Referring to the orange chart below, BITO, which provides investors with exposure to Bitcoin through its futures contracts (futures price hike), rather than owning the cryptocurrency itself, has suffered 37% in the past three months. This means twice as much performance than the digital asset itself. According to the fund’s prospectus, this is explained by the “deferment effect” and occurs when the fund sells the expired contract at a relatively lower price and buys long-term contracts at a relatively higher price. Conversely, the fund can also take advantage of the “reversal effect” when it sells an expired contract at a higher price than it pays for a new long-term contract.
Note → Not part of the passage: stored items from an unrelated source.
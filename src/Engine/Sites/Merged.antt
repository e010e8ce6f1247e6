-- ===== src/Engine/Sites/Merged.antt =====
-- What native/engine/site_scraper.cpp reports of the results of its strategies.
use rats_search_tui.Base.{
  ℤ, ◌≡◌, refl, ◌∙◌, Bool, true, false, not, ◌&&◌, List, [], ◌∷◌, map, Option, none, some, Text,
  codes, eq_text, null, is_some, Bool-cases, inl, inr, if_intro, if◌then◌else◌,
}
use rats_search_tui.Domain.Json.{JsonOps, JsonLaws}
use rats_search_tui.Engine.Sites.Pages.{TrackerSiteInfo, rutracker, nyaa}
use rats_search_tui.Engine.Sites.Report.{
  keep_first, set_thread, set_category, set_title, own_fields, merge_result, merge_results,
  list_trackers, folded,
}

-- The first of two texts that is not empty, and that of a list.
abbrev pub or_text : Text → Text → Text
or_text a b = if null a then b else a

abbrev pub first_filled : List Text → Text
first_filled [] = []
first_filled (t ∷ ts) = or_text t (first_filled ts)

or_text_assoc : (a b c : Text) → or_text (or_text a b) c ≡ or_text a (or_text b c)
or_text_assoc [] b c = refl
or_text_assoc (x ∷ a) b c = refl

or_text_nil : (a : Text) → or_text a [] ≡ a
or_text_nil [] = refl
or_text_nil (x ∷ a) = refl

module _ (json : JsonOps) (laws : JsonLaws json) where
  open json use {Json, object, of_string, set, find, is_object, value_string}

  abbrev held : Text → Option Json
  held [] = none
  held (c ∷ t) = some (of_string (c ∷ t))

  -- An object that has a text under a key, or nothing if the text is empty.
  record Holds (key text : Text) (o : Json) : Type 0 where
    is_obj : is_object o ≡ true
    found : find o key ≡ held text

  value-Holds : (key text : Text) (o : Json) → Holds key text o → value_string o key [] ≡ text
  value-Holds key [] o h = laws.value_string_absent o key [] h.is_obj h.found
  value-Holds key (c ∷ t) o h = laws.value_string_present o key (c ∷ t) [] h.is_obj h.found

  set-Holds :
      (key text other : Text) (v o : Json)
      → eq_text other key ≡ false
      → Holds key text o
      → Holds key text (set o other v)
  set-Holds key text other v o e h = record {
    is_obj = laws.set_is_object o other v h.is_obj;
    found = laws.find_set o other key v h.is_obj ∙ rw e h.found;
  }

  keep_first-Holds :
      (key text value : Text) (o : Json)
      → eq_text key key ≡ true
      → Holds key text o
      → Holds key (or_text text value) (keep_first json key value o)
  unfolding keep_first
  keep_first-Holds key [] [] o e h = rw (value-Holds key [] o h) h
  keep_first-Holds key [] (c ∷ t) o e h = rw (value-Holds key [] o h) (record {
    is_obj = laws.set_is_object o key (of_string (c ∷ t)) h.is_obj;
    found = laws.find_set o key key (of_string (c ∷ t)) h.is_obj ∙ rw e refl;
  })
  keep_first-Holds key (c ∷ t) value o e h = rw (value-Holds key (c ∷ t) o h) h

  -- The members that the rest of a round sets.
  record IsShared (key : Text) : Type 0 where
    same : eq_text key key ≡ true
    not_rutracker_thread : eq_text (codes "rutrackerThreadId") key ≡ false
    not_nyaa_thread : eq_text (codes "nyaaThreadId") key ≡ false
    not_category : eq_text (codes "contentCategory") key ≡ false
    not_title : eq_text (codes "trackerName") key ≡ false
    not_trackers : eq_text (codes "trackers") key ≡ false

  module _ (key : Text) (shared : IsShared key) (text : Text) where
    set_if-Holds :
        (b : Bool) (other : Text) (v o : Json)
        → eq_text other key ≡ false
        → Holds key text o
        → Holds key text (if b then set o other v else o)
    set_if-Holds b other v o e h = if_intro (Holds key text) b (set-Holds key text other v o e h) h

    keep_other-Holds :
        (other value : Text) (o : Json)
        → eq_text other key ≡ false
        → Holds key text o
        → Holds key text (keep_first json other value o)
    unfolding keep_first
    keep_other-Holds other value o e h = set_if-Holds _ other (of_string value) o e h

    thread-Holds :
        (other : Text) (id : ℤ) (o : Json)
        → eq_text other key ≡ false
        → Holds key text o
        → Holds key text (set_thread json other id o)
    unfolding set_thread
    thread-Holds other id o e h = set_if-Holds _ other (json.of_int id) o e h

    category-Holds :
        (category : Text) (o : Json)
        → Holds key text o
        → Holds key text (set_category json category o)
    unfolding set_category
    category-Holds category o h =
        set_if-Holds (not (null category)) _ (of_string category) o shared.not_category h

    title-Holds :
        (title : Text) (o : Json) → Holds key text o → Holds key text (set_title json title o)
    unfolding set_title
    title-Holds title o h =
        set_if-Holds (not (null title) && not (is_some (find o (codes "trackerName")))) _
          (of_string title) o shared.not_title h

    own_fields-Holds :
        (r : TrackerSiteInfo) (o : Json) → Holds key text o → Holds key text (own_fields json r o)
    unfolding own_fields
    own_fields-Holds r o h =
        if_intro (Holds key text) (eq_text r.tracker_name rutracker)
          (title-Holds r.name _ (
            category-Holds r.content_category _ (
              thread-Holds (codes "rutrackerThreadId") r.thread_id o shared.not_rutracker_thread
                h)))
          (if_intro (Holds key text) (eq_text r.tracker_name nyaa)
            (thread-Holds (codes "nyaaThreadId") r.thread_id o shared.not_nyaa_thread h) h)

    folded-Holds :
        (rs : List TrackerSiteInfo)
        → Holds key text (merge_results json rs object)
        → Holds key text (folded json rs).1
    unfolding folded
    folded-Holds rs h = elim (Bool-cases (json.empty (list_trackers json rs json.array))) [
      | inl e ↦ rw e h
      | inr e ↦ rw e (set-Holds key text (codes "trackers") _ _ shared.not_trackers h)
    ]

  poster-IsShared : IsShared (codes "poster")
  poster-IsShared = record {
    same = refl;
    not_rutracker_thread = refl;
    not_nyaa_thread = refl;
    not_category = refl;
    not_title = refl;
    not_trackers = refl;
  }

  description-IsShared : IsShared (codes "description")
  description-IsShared = record {
    same = refl;
    not_rutracker_thread = refl;
    not_nyaa_thread = refl;
    not_category = refl;
    not_title = refl;
    not_trackers = refl;
  }

  posters-Hold :
      (rs : List TrackerSiteInfo) (text : Text) (o : Json)
      → Holds (codes "poster") text o
      → Holds
          (codes "poster")
          (or_text text (first_filled (map (λ r. r.poster) rs)))
          (merge_results json rs o)
  unfolding merge_results merge_result
  posters-Hold [] text o h = rw (or_text_nil text) h
  posters-Hold (r ∷ rs) text o h =
      rw (← or_text_assoc text r.poster (first_filled (map (λ r. r.poster) rs))) (
        posters-Hold rs (or_text text r.poster) _ (
          own_fields-Holds _ poster-IsShared _ r _ (
            keep_other-Holds _ poster-IsShared _ (codes "description") r.description _ refl
              (keep_first-Holds _ text r.poster o refl h))))

  descriptions-Hold :
      (rs : List TrackerSiteInfo) (text : Text) (o : Json)
      → Holds (codes "description") text o
      → Holds
          (codes "description")
          (or_text text (first_filled (map (λ r. r.description) rs)))
          (merge_results json rs o)
  unfolding merge_results merge_result
  descriptions-Hold [] text o h = rw (or_text_nil text) h
  descriptions-Hold (r ∷ rs) text o h =
      rw (← or_text_assoc text r.description (first_filled (map (λ r. r.description) rs))) (
        descriptions-Hold rs (or_text text r.description) _ (
          own_fields-Holds _ description-IsShared _ r _ (
            keep_first-Holds _ text r.description _ refl
              (keep_other-Holds _ description-IsShared _ (codes "poster") r.poster o refl h))))

  object-Holds : (key : Text) → Holds key [] object
  object-Holds key = record { is_obj = laws.object_is_object; found = laws.find_object key }

  -- Whatever the strategies found, the object that checkAllComplete makes of their results has as its
  -- poster the first poster among them that is not empty, and as its description the first
  -- description that is not empty; where there is none, the key is absent and reads as the empty text.
  pub report_first_wins :
      (rs : List TrackerSiteInfo)
      → (value_string (folded json rs).1 (codes "poster") []
          ≡ first_filled (map (λ r. r.poster) rs))
        × (value_string (folded json rs).1 (codes "description") []
            ≡ first_filled (map (λ r. r.description) rs))
  report_first_wins rs = (
    value-Holds _ _ _ (
        folded-Holds _ poster-IsShared _ rs
          (posters-Hold rs [] object (object-Holds (codes "poster")))),
    value-Holds _ _ _ (
        folded-Holds _ description-IsShared _ rs
          (descriptions-Hold rs [] object (object-Holds (codes "description")))),
  )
However, according to ETF Trends, despite the recent volatility, BITO inflows remained flat in January, indicating that those with a long-term investment objective are opting for an ETF rather than having to own a crypto portfolio.


Next, as a Bitcoin miner (or producing coins using computing equipment) as shown in the pale blue chart above, Marathon Digital Mining (NASDAQ:MARA) experienced a higher level of volatility, rising by 60% in the first week of November. (November), but is currently down a painful 40%. Looking at the industry, other miners such as Riot Blockchain (NASDAQ: RIOT) have also been affected. One of the reasons miners are suffering is that in addition to minting digital currencies, they are also hoarding (storing bitcoins) rather than selling them. Thus, unless you have a more commercial profile, avoid miners.
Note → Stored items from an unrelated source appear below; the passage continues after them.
-- ===== src/Engine/Sites/Rounds.antt =====
-- That the loops of native/engine/site_scraper.cpp over the matches of a pattern come to their end.
use rats_search_tui.Base.{
  ℕ, zero, suc, ◌+◌, ◌≤◌, ◌<◌, ◌≡◌, refl, ◌++◌, some, Text, length, Option-cases, inl, inr, arith,
}
use rats_search_tui.Engine.Sites.Html.{
  Pcre2, Pcre2Laws, Round, last, next, rounds, replace_round, entity_round,
}

-- What a loop gives from a position on, whatever fuel it has beyond what is left of the text.
abbrev pub Gives : (ℕ → Round) → ℕ → ℕ → Text → Type 0
Gives step size pos r = (fuel : ℕ) → suc size < fuel + pos → rounds step fuel pos ≡ some r

-- A round goes on behind its position, and within the text.
abbrev Advances : ℕ → ℕ → Round → Type 0
Advances size pos (last t) = Unit
Advances size pos (next t after) = (pos < after) × (after ≤ size)

module _ (step : ℕ → Round) (size : ℕ) where
  last-Gives : (pos : ℕ) (t : Text) → pos ≤ size → step pos ≡ last t → Gives step size pos t
  unfolding rounds
  last-Gives pos t le e zero h = absurd (omega arith)
  last-Gives pos t le e (suc fuel) h = rw (e, rounds) refl

  next-Gives :
      (pos after : ℕ) (t r : Text)
      → pos ≤ size
      → step pos ≡ next t after
      → pos < after
      → Gives step size after r
      → Gives step size pos (t ++ r)
  unfolding rounds
  next-Gives pos after t r le e lt g zero h = absurd (omega arith)
  next-Gives pos after t r le e lt g (suc fuel) h = rw (e, rounds, g fuel (omega arith)) refl

  module _ (advances : (pos : ℕ) → pos ≤ size → Advances size pos (step pos)) where
    -- `left` bounds what is left of the text; `round` is the round at the position.
    rounds-Gives :
        (left pos : ℕ) (round : Round)
        → step pos ≡ round
        → Advances size pos round
        → size < left + pos
        → pos ≤ size
        → (r : Text) × Gives step size pos r
    rounds-Gives zero pos round e a h le = absurd (omega arith)
    rounds-Gives (suc left) pos (last t) e a h le = (t, last-Gives pos t le e)
    rounds-Gives (suc left) pos (next t after) e (lt, fits) h le =
        let (r, g) =
          rounds-Gives left after (step after) refl (advances after fits) (omega arith) fits in
        (t ++ r, next-Gives pos after t r le e lt g)

    loop-Gives : (r : Text) × Gives step size 0 r
    loop-Gives =
        rounds-Gives (suc size) 0 (step 0) refl (advances 0 (omega arith)) (omega arith)
          (omega arith)

module _ (pcre2 : Pcre2) (laws : Pcre2Laws pcre2) where
  open pcre2 use {Code, exec}

  replace_round-Advances :
      (code : Code) (s to : Text) (pos : ℕ)
      → pos ≤ length s
      → Advances (length s) pos (replace_round pcre2 code s to pos)
  unfolding replace_round
  replace_round-Advances code s to pos le = elim (Option-cases (exec code s pos)) [
    | inl e ↦ rw (e, Advances) tt
    | inr (m, e) ↦
        rw (e, Advances)
          (ground (
            arith,
            laws.from_position code s pos m e,
            laws.ordered code s pos m e,
            laws.in_subject code s pos m e,
          ))
  ]

  entity_round-Advances :
      (code : Code) (s : Text) (pos : ℕ)
      → pos ≤ length s
      → Advances (length s) pos (entity_round pcre2 code s pos)
  unfolding entity_round
  entity_round-Advances code s pos le = elim (Option-cases (exec code s pos)) [
    | inl e ↦ rw (e, Advances) tt
    | inr (m, e) ↦ rw (e, Advances) (ground (arith, laws.in_subject code s pos m e))
  ]

  -- If a match of a pattern starts where the search does or behind it, does not end before it starts
  -- and ends within the text, then the loops of replaceAllRegex and of decodeNumericEntities come to
  -- an end on every text: each has one result, which it gives with any fuel of at least the length of
  -- the text and two rounds.
  pub loops_end :
      (code : Code) (s to : Text)
      → ((r : Text) × Gives (replace_round pcre2 code s to) (length s) 0 r)
        × ((r : Text) × Gives (entity_round pcre2 code s) (length s) 0 r)
  loops_end code s to = (
    loop-Gives (replace_round pcre2 code s to) (length s) (replace_round-Advances code s to),
    loop-Gives (entity_round pcre2 code s) (length s) (entity_round-Advances code s),
  )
On the other hand, Coinbase Global (NASDAQ:COIN), with a crypto exchange app designed for cryptocurrency trading, was less affected by -17.23% as shown in the green chart above, due in part to the platform’s lower exposure to bitcoin, than 57% in 2020 to 42% in 2021. For further research, the company is working to diversify revenue beyond retail cryptocurrency.

In this regard, non-commercial revenue consisting of subscriptions and services, which increased from 4% in the third quarter of 2020 to 12% in the third quarter of 2021, appears to be on an increasing trend. In addition, by offering services such as blockchain rewards and Earn campaign, as well as planning an NFT (non-fungible token) platform to benefit from Decentralized Finance (DeFi) products, Coinbase is one of the best Bitcoin related investments one can currently consider.
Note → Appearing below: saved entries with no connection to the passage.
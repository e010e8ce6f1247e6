-- ===== src/Engine/Sites/Utf8.antt =====
-- What native/engine/site_scraper.cpp encodes as UTF-8 against a decoder of UTF-8.
use mathlib.Core.Path.{subst}
use rats_search_tui.Base.{
  length, ℕ, zero, suc, ◌+◌, ◌-◌, ◌*◌, ◌<◌, ◌≡◌, refl, ◌∙◌, ap, sym, ◌==◌, ltb, Bool, true, false,
  ◌&&◌, List, [], ◌∷◌, ◌++◌, map, Option, none, some, Text, All, get_or, arith, if◌then◌else◌,
  Bool-cases, inl, inr,
}
use rats_search_tui.Engine.Sites.Encoding.{utf8_encode, table, decode_windows1251}

-- The first code point of a text and the text behind it, by the length that the first byte tells.
abbrev pub two : ℕ → Text → Option (ℕ × Text)
two a [] = none
two a (b ∷ s) = some ((a - 0xC0) * 64 + (b - 0x80), s)

abbrev pub three : ℕ → Text → Option (ℕ × Text)
three a [] = none
three a (b ∷ []) = none
three a (b ∷ c ∷ s) = some ((a - 0xE0) * 4096 + (b - 0x80) * 64 + (c - 0x80), s)

abbrev pub four : ℕ → Text → Option (ℕ × Text)
four a [] = none
four a (b ∷ []) = none
four a (b ∷ c ∷ []) = none
four a (b ∷ c ∷ d ∷ s) =
    some ((a - 0xF0) * 262144 + (b - 0x80) * 4096 + (c - 0x80) * 64 + (d - 0x80), s)

abbrev pub first_point : Text → Option (ℕ × Text)
first_point [] = none
first_point (a ∷ s) =
    if ltb a 0x80
    then some (a, s)
    else if ltb a 0xE0
    then two a s
    else if ltb a 0xF0
    then three a s
    else four a s

-- A text that decodes to a list of code points.
abbrev pub Decodes : List ℕ → Text → Type 0
Decodes [] t = t ≡ []
Decodes (c ∷ cs) t = (rest : Text) × (first_point t ≡ some (c, rest)) × Decodes cs rest

pub first_point-utf8_encode :
    (c : ℕ) (rest : Text) → c < 0x110000 → first_point (utf8_encode c ++ rest) ≡ some (c, rest)
unfolding utf8_encode
first_point-utf8_encode c rest h = ground arith

-- The bytes of Windows-1251 by the characters that they stand for, in the order of Unicode: capital and
-- small letters of the Cyrillic alphabets beside the Russian one, and punctuation.
abbrev pub capitals : List (ℕ × ℕ)
capitals =
    (0xA8, 0x0401)
    ∷ (0x80, 0x0402)
    ∷ (0x81, 0x0403)
    ∷ (0xAA, 0x0404)
    ∷ (0xBD, 0x0405)
    ∷ (0xB2, 0x0406)
    ∷ (0xAF, 0x0407)
    ∷ (0xA3, 0x0408)
    ∷ (0x8A, 0x0409)
    ∷ (0x8C, 0x040A)
    ∷ (0x8E, 0x040B)
    ∷ (0x8D, 0x040C)
    ∷ (0xA1, 0x040E)
    ∷ (0x8F, 0x040F)
    ∷ []

abbrev pub small_letters : List (ℕ × ℕ)
small_letters =
    (0xB8, 0x0451)
    ∷ (0x90, 0x0452)
    ∷ (0x83, 0x0453)
    ∷ (0xBA, 0x0454)
    ∷ (0xBE, 0x0455)
    ∷ (0xB3, 0x0456)
    ∷ (0xBF, 0x0457)
    ∷ (0xBC, 0x0458)
    ∷ (0x9A, 0x0459)
    ∷ (0x9C, 0x045A)
    ∷ (0x9E, 0x045B)
    ∷ (0x9D, 0x045C)
    ∷ (0xA2, 0x045E)
    ∷ (0x9F, 0x045F)
    ∷ (0xA5, 0x0490)
    ∷ (0xB4, 0x0491)
    ∷ []

abbrev pub punctuation : List (ℕ × ℕ)
punctuation =
    (0x96, 0x2013)
    ∷ (0x97, 0x2014)
    ∷ (0x91, 0x2018)
    ∷ (0x92, 0x2019)
    ∷ (0x82, 0x201A)
    ∷ (0x93, 0x201C)
    ∷ (0x94, 0x201D)
    ∷ (0x84, 0x201E)
    ∷ (0x86, 0x2020)
    ∷ (0x87, 0x2021)
    ∷ (0x95, 0x2022)
    ∷ (0x85, 0x2026)
    ∷ (0x89, 0x2030)
    ∷ (0x8B, 0x2039)
    ∷ (0x9B, 0x203A)
    ∷ (0x88, 0x20AC)
    ∷ (0xB9, 0x2116)
    ∷ (0x99, 0x2122)
    ∷ []

abbrev pub look_up : ℕ → List (ℕ × ℕ) → ℕ → ℕ
look_up b [] otherwise = otherwise
look_up b ((a, c) ∷ rest) otherwise = if a == b then c else look_up b rest otherwise

-- The characters of Windows-1251: the Cyrillic letters from А to я in the order of Unicode stand from
-- 0xC0 on, and the bytes below that are in none of the lists are those of Unicode.
unfoldable pub unicode : ℕ → ℕ
unicode b =
    if ltb b 0x80
    then b
    else if ltb b 0xC0
    then look_up b (capitals ++ small_letters ++ punctuation) b
    else 0x410 + (b - 0xC0)

-- A test of each entry of a table with its index, from an index on.
holds_from : (ℕ → ℕ → Bool) → ℕ → List ℕ → Bool
holds_from p i [] = true
holds_from p i (c ∷ cs) = p i c && holds_from p (suc i) cs

holds_at :
    (p : ℕ → ℕ → Bool) (i k : ℕ) (cs : List ℕ)
    → holds_from p i cs ≡ true
    → k < length cs
    → p (k + i) (get_or cs k 0) ≡ true
unfolding holds_from
holds_at p i k [] h lt = absurd (omega arith)
holds_at p i zero (c ∷ cs) h lt = ground arith
holds_at p i (suc k) (c ∷ cs) h lt =
    let later = holds_at p (suc i) k cs in
    subst (λ n. p n (get_or cs k 0) ≡ true) (omega arith) (later (ground arith) (omega arith))

-- What the table holds at an index is the character of the byte.
abbrev is_right : ℕ → ℕ → Bool
is_right i c = ltb c 0x110000 && c == unicode (i + 0x80)

all_right : holds_from is_right 0 table ≡ true
unfolding holds_from table unicode
all_right = refl

length-table : length table ≡ 128
unfolding table
length-table = refl

table_lem :
    (b : ℕ)
    → b < 256
    → ltb b 0x80 ≡ false
    → (get_or table (b - 0x80) 0 ≡ unicode b) × (get_or table (b - 0x80) 0 < 0x110000)
table_lem b h e =
    let k = b - 0x80 in
    let right : (is_right k (get_or table k 0) ≡ true) =
      subst (λ n. is_right n (get_or table k 0) ≡ true) (omega arith)
        (holds_at is_right 0 k table all_right (ground (arith, length-table))) in
    let same_byte : (k + 0x80 ≡ b) = ground arith in
    (
      subst (λ n. get_or table k 0 ≡ unicode n) same_byte (ground (arith, right)),
      ground (arith, right),
    )

low_lem : (b : ℕ) → ltb b 0x80 ≡ true → unicode b ≡ b
unfolding unicode
low_lem b e = rw e refl

-- Whatever bytes a page holds, decodeWindows1251 gives a text that a decoder of UTF-8 reads as the
-- characters that these bytes are in Windows-1251, in order and to the end.
pub decode_windows1251-Decodes :
    (page : Text) → All (λ b. b < 256) page → Decodes (map unicode page) (decode_windows1251 page)
unfolding decode_windows1251
decode_windows1251-Decodes [] h = refl
decode_windows1251-Decodes (b ∷ s) h = elim (Bool-cases (ltb b 0x80)) [
  | inl e ↦ (
    decode_windows1251 s,
    rw (e, e) (ap (λ c. some (c, decode_windows1251 s)) (sym (low_lem b e))),
    decode_windows1251-Decodes s h.1,
  )
  | inr e ↦
      let (same, small) = table_lem b h.0 e in
      let rest = decode_windows1251 s in
      (
        rest,
        rw e (
            first_point-utf8_encode (get_or table (b - 0x80) 0) rest small
            ∙ ap (λ c. some (c, rest)) same),
        decode_windows1251-Decodes s h.1,
      )
]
To further justify my bullish stance, the cryptocurrency exchange boasts $6.3 million on its balance sheet, and most importantly it generates operating income, not a loss as is the case with most miners.

Source: SEC filings

Finally, with current inflation expectations and the Federal Reserve cutting back on monetary stimulus, Bitcoin, in the same way as many rich tech stocks, is no longer benefiting from an increase in the money supply. Thus, it is best to avoid exposure to a devaluation by investing in asset classes that directly expose the value of bitcoin such as BITO and crypto miners. Alternatively, an exchange like Coinbase that leverages trading-based revenue and diversifies into value-added services around the crypto ecosystem makes more sense. Thus, the company could rise to the $250 range once it launched Coinbase NFT, a new product experience where users can mint, collect, discover and display NFT products, all in one place.